Если я вам скажу, что благодаря вам сделан первый шаг по этому ослепительному пути, и если я еще добавлю, что современная наука склонна считать электричество материей, принципом всей вселенной, – неужели у вас в груди не шевельнется чувство гордости от сознания, что на вашу долю выпала честь выполнить такую великую миссию?
– Вам следовало бы предупредить меня об этом, – проворчал я в ответ. – Я военнопленный, а вы со мной поступили, как с рабом. Да, кроме того, фактически я ведь почти ничего не вижу.
– Вы будете постепенно видеть все лучше и лучше. Имейте немножко терпения. Но все-таки опишите мне, что вы видите… Я сделаю заметки.
– Это бесполезно. Я ничего не вижу, – ответил я твердо.
– То есть как это не видите? Что с вами случилось, Лебри?
– Я ничего не вижу, – повторил я. – Вы жестоко ошиблись. Вы гнусно воспользовались постигшим меня несчастьем и моим беззащитным положением. Я считаю вас и ваших сообщников отъявленными негодяями. Так не поступают со свободным человеком, с французским гражданином. Все ваши труды были напрасны. Вы ничего не узнаете. Ах, господа, вы хотите делать опыты на вам подобных! Ну, так имейте в виду: от меня вы узнаете не больше, чем узнали бы от несчастной собачонки, которую вы привязали бы к доске и истязали бы при помощи ланцета. Я повторяю вам: я ничего не вижу.
– Послушайте, Лебри, вы сошли с ума! Поймите же, мой друг: мы стремимся сделать вас участником наших благородных трудов, а вы…
– Довольно! Довольно лицемерия! Вы можете оставить мне мои глаза-электроскопы или вынуть их – как вам угодно; но я требую одного: вы сейчас же отправите меня в лагерь военнопленных. Все, что происходит здесь, есть ни что иное как насилие над правами человека.
– Ну, нет, вы с нами так легко не расстанетесь, – проговорил доктор с непоколебимым спокойствием, от которого я окончательно пришел в бешенство. – Вы с нами, говоря правду, никогда не расстанетесь!
– Как так?
– Вы нам нужны. Я наделся, что вы – настолько культурный человек, что будете способны поставить интересы науки выше всего остального.
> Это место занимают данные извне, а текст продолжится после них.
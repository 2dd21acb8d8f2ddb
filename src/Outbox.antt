-- ===== src/Outbox.antt =====
-- The outbox table of a service and `OutboxRepository`. The three services have a copy each:
-- apps/ledger/src/data/repository/outbox/outbox.repository.ts,
-- apps/core/src/data/repository/outbox/outbox.repository.ts and
-- apps/external-integration/src/data/repository/outbox/outbox.repository.ts, which differ in the
-- advisory lock that they take. Times are in milliseconds; `now` is the clock that a query reads.
-- Of entries with the same creation time, which SQL may return in any order, the earlier row of the
-- table comes first.
pub mod Publish
pub mod Round
pub mod Drain
pub mod Oldest
mod Tests
pub mod Delivery
use multi_rail_payments_proc.Prelude.{
  ℕ, ◌+◌, ◌*◌, ◌≡◌, refl, Bool, true, false, not, ◌&&◌, Option, none, some, List, [], ◌∷◌, ◌++◌,
  map, any, nat_beq, ltb, leb, if◌then◌else◌,
}
use multi_rail_payments_proc.Prelude.Sort.{sort_by, take, filter}

pub data OutboxStatus : Type 0 where
  pending processing sent failed : OutboxStatus

-- The names of the events that services publish; `other` is any further text.
pub data EventName : Type 0 where
  balance_updated balance_failed balance_projection_updated : EventName
  balance_change_request transfer_create transfer_held transaction_event : EventName
  other : (name : ℕ) → EventName

pub record OutboxData : Type 0 where
  pub id : ℕ
  pub event : EventName
  pub payload : ℕ

pub record OutboxEntity : Type 0 where
  pub id : ℕ
  pub event : EventName
  pub payload : ℕ
  pub status : OutboxStatus
  pub created_at : ℕ
  pub sent_at : Option ℕ
  pub processing_at : Option ℕ
  pub retries : ℕ

abbrev pub is_pending : OutboxEntity → Bool
is_pending r = elim r.status [ pending ↦ true | _ ↦ false ]

abbrev pub is_processing : OutboxEntity → Bool
is_processing r = elim r.status [ processing ↦ true | _ ↦ false ]

abbrev pub is_sent : OutboxEntity → Bool
is_sent r = elim r.status [ sent ↦ true | _ ↦ false ]

abbrev pub member : ℕ → List ℕ → Bool
member k ids = any (λ i. nat_beq i k) ids

abbrev pub ids_of : List OutboxEntity → List ℕ
ids_of rows = map (λ r. r.id) rows

abbrev pub is_empty {ℓ} : {A : Type ℓ} → List A → Bool
is_empty [] = true
is_empty (_ ∷ _) = false

-- `OutboxRepositoryMapper.fromDomain`
unfoldable pub from_domain : (now : ℕ) → OutboxData → OutboxEntity
from_domain now d = record {
  id = d.id;
  event = d.event;
  payload = d.payload;
  status = pending;
  created_at = now;
  sent_at = none;
  processing_at = none;
  retries = 0;
}

-- The primary key refuses a taken id, and the transaction rolls back.
unfoldable pub create : (now : ℕ) → OutboxData → List OutboxEntity → Option (List OutboxEntity)
create now d rows = if member d.id (ids_of rows) then none else some (from_domain now d ∷ rows)

-- A comparison with a missing time fails, as in SQL.
abbrev is_before : Option ℕ → (span now : ℕ) → Bool
is_before none span now = false
is_before (some t) span now = ltb (t + span) now

abbrev pub is_stuck : (now : ℕ) → OutboxEntity → Bool
is_stuck now r = is_processing r && is_before r.processing_at 300000 now

unfoldable pub reset_row : (now : ℕ) → OutboxEntity → OutboxEntity
reset_row now r = if is_stuck now r then record r { status = pending; processing_at = none } else r

unfoldable pub reset_stuck : (now : ℕ) → List OutboxEntity → List OutboxEntity
reset_stuck now rows = map (reset_row now) rows

abbrev pub oldest_first : OutboxEntity → OutboxEntity → Bool
oldest_first a b = leb a.created_at b.created_at

unfoldable pub claim_row : (now : ℕ) → List ℕ → OutboxEntity → OutboxEntity
claim_row now ids r =
    if member r.id ids then record r { status = processing; processing_at = some now } else r

-- The select of the entries to publish.
unfoldable pub oldest_pending : (limit : ℕ) → List OutboxEntity → List OutboxEntity
oldest_pending limit rows = take limit (sort_by oldest_first (filter is_pending rows))

-- The entries found, as they were before the update, and the table. `locked` is what
-- `pg_try_advisory_xact_lock` returns.
unfoldable pub find_pending :
    (locked : Bool) (limit now : ℕ) → List OutboxEntity → List OutboxEntity × List OutboxEntity
find_pending locked limit now rows =
    if not locked
    then ([], rows)
    else let found = oldest_pending limit rows in
      if is_empty found then ([], rows) else (found, map (claim_row now (ids_of found)) rows)

-- The callers drop the answer of the two updates, whether as many rows as ids were updated.
unfoldable pub mark_sent_row : (now : ℕ) → List ℕ → OutboxEntity → OutboxEntity
mark_sent_row now ids r =
    if member r.id ids then record r { status = sent; sent_at = some now } else r

unfoldable pub mark_sent : (now : ℕ) → List ℕ → List OutboxEntity → List OutboxEntity
mark_sent now ids rows = map (mark_sent_row now ids) rows

unfoldable pub retry_row : List ℕ → OutboxEntity → OutboxEntity
retry_row ids r =
    if member r.id ids
    then record r { retries = r.retries + 1; status = pending; processing_at = none }
    else r

-- The column is a `smallint`: where the sum leaves it, the update throws.
abbrev pub overflows : List ℕ → OutboxEntity → Bool
overflows ids r = member r.id ids && leb 32767 r.retries

unfoldable pub increment_retries : List ℕ → List OutboxEntity → Option (List OutboxEntity)
increment_retries ids rows =
    if any (overflows ids) rows then none else some (map (retry_row ids) rows)

unfoldable pub delete_old : (seconds now : ℕ) → List OutboxEntity → List OutboxEntity
delete_old seconds now rows =
    filter (λ r. not (is_sent r && is_before r.sent_at (1000 * seconds) now)) rows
Я надеялся, что такое счастье, как возможность перестать быть слепым в точном смысле этого слова и способность воспринимать новые зрелища вполне вознаградят вас за этот плен. Я полагал, что вы не будете при таких условиях сетовать на то, что вам придется провести здесь всю жизнь, никуда не выезжая.
– Я никогда ничего вам не расскажу из того, что увижу! – воскликнул я.
– Нет, расскажете спустя некоторое время.
– Вы можете меня пытать, но я все равно не скажу…
– Фи, Лебри, как вам не стыдно! За кого вы меня принимаете? С вами всегда будут обращаться с должным уважением и предупредительностью. Не забывайте – ведь вы теперь обладаете совершенно исключительными свойствами.
– Но ведь у вас несомненно должны быть и другие люди, над которыми вы можете производить те же наблюдения?
– Весьма возможно. Но, сколько бы их ни было, нам всегда их будет мало. Послушайте, Лебри, не нужно нервничать! Взгляните на вещи трезво: ваша мать уже знает или скоро узнает, что ее сын с честью отдал жизнь за родину. В лазарете произошло какое-то недоразумение; в сутолоке один из санитаров ошибся ярлычком… Вы ведь так стремились к тишине и покою; вы должны быть счастливы здесь, среди нас.
Я дрожал от гнева.
– Немец, проклятый немец! Ты ничего от меня не узнаешь!
Он рассмеялся, и это сейчас же отразилось на всей его нервной сети: она приняла какой-то зловеще-танцующий вид.
– Я вовсе не немец! – воскликнул он. – А! Вот это интересно! Запишем.
Его внимание было привлечено тем «интересным» обстоятельством, что электроскопы не лишали возможности плакать.